Prompt: If a line in the data below contains the word "Wire", copy it out.

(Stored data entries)
Start of Block

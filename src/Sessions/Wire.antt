-- ===== src/Sessions/Wire.antt =====
-- The text of a direct message, read again.
use messk.Prelude.{ℕ, ◌≡◌, refl, true, false, Option, none, some, Text, same, nonempty}
use messk.Json.{get, field_of, is_truthy}
use messk.Json.Parse.{parse_json}
use messk.Json.Plain.{json_of, write, HasKeys}
use messk.Json.Plain.Parsed.{parse-write}
use messk.Ratchet.Platform.{RatchetMessage, sent_header}
use messk.Sessions.{
  X3dhParams, parse_envelope_x3dh, message_of, has_no_header, message_plain, stringify_message,
  x3dh_member,
}

-- What the receiver reads of the parameters of the handshake.
abbrev pub params : Option (Text × Option Text) → Option X3dhParams
params none = none
params (some (ephemeral_pub, pre_key_pub)) = some (record {
  ephemeral_pub = ephemeral_pub;
  pre_key_pub_used = pre_key_pub;
  pqc_ciphertext = none;
})

message_plain-HasKeys :
    (msg : RatchetMessage) (x3dh : Option (Text × Option Text)) → HasKeys (message_plain msg x3dh)
unfolding json_of field_of same
message_plain-HasKeys msg none = (refl, (refl, tt, (refl, tt, (refl, tt, tt))), (refl, tt, tt))
message_plain-HasKeys msg (some (e, none)) = (
  refl,
  (refl, tt, (refl, tt, (refl, tt, tt))),
  (refl, tt, (refl, (refl, tt, (refl, tt, tt)), tt)),
)
message_plain-HasKeys msg (some (e, some k)) = (
  refl,
  (refl, tt, (refl, tt, (refl, tt, tt))),
  (refl, tt, (refl, (refl, tt, (refl, tt, tt)), tt)),
)

pub parse-stringify_message :
    (msg : RatchetMessage) (x3dh : Option (Text × Option Text))
    → parse_json (stringify_message msg x3dh) ≡ some (json_of (message_plain msg x3dh))
unfolding stringify_message
parse-stringify_message msg x3dh =
    parse-write (message_plain msg x3dh) (message_plain-HasKeys msg x3dh) tt

pub message_of-plain :
    (msg : RatchetMessage) (x3dh : Option (Text × Option Text)) (k : Text) (n pn : ℕ)
    → msg.header ≡ sent_header k n pn
    → message_of (json_of (message_plain msg x3dh)) ≡ msg
unfolding message_of json_of get field_of same
message_of-plain msg none k n pn e = rw e refl
message_of-plain msg (some (ep, pk)) k n pn e = rw e refl

pub has_header :
    (msg : RatchetMessage) (x3dh : Option (Text × Option Text))
    → has_no_header (json_of (message_plain msg x3dh)) ≡ false
unfolding json_of get field_of same
has_header msg none = refl
has_header msg (some (ep, pk)) = refl

nonempty-stringify_message :
    (msg : RatchetMessage) (x3dh : Option (Text × Option Text))
    → nonempty (stringify_message msg x3dh) ≡ true
unfolding stringify_message write
nonempty-stringify_message msg x3dh = refl

x3dh_member-plain :
    (msg : RatchetMessage) (x3dh : Option (Text × Option Text))
    → x3dh_member (some (json_of (message_plain msg x3dh))) ≡ params x3dh
unfolding json_of get field_of same is_truthy
x3dh_member-plain msg none = refl
x3dh_member-plain msg (some (ep, none)) = refl
x3dh_member-plain msg (some (ep, some k)) = refl

pub parse-envelope_x3dh :
    (msg : RatchetMessage) (x3dh : Option (Text × Option Text))
    → parse_envelope_x3dh (stringify_message msg x3dh) ≡ params x3dh
unfolding parse_envelope_x3dh
parse-envelope_x3dh msg x3dh =
    simp (nonempty-stringify_message msg x3dh, parse-stringify_message msg x3dh)
      (x3dh_member-plain msg x3dh)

End of Block

Expected answer:
filename src/Sessions/Wire.antt
-- ===== src/Sessions/Wire.antt =====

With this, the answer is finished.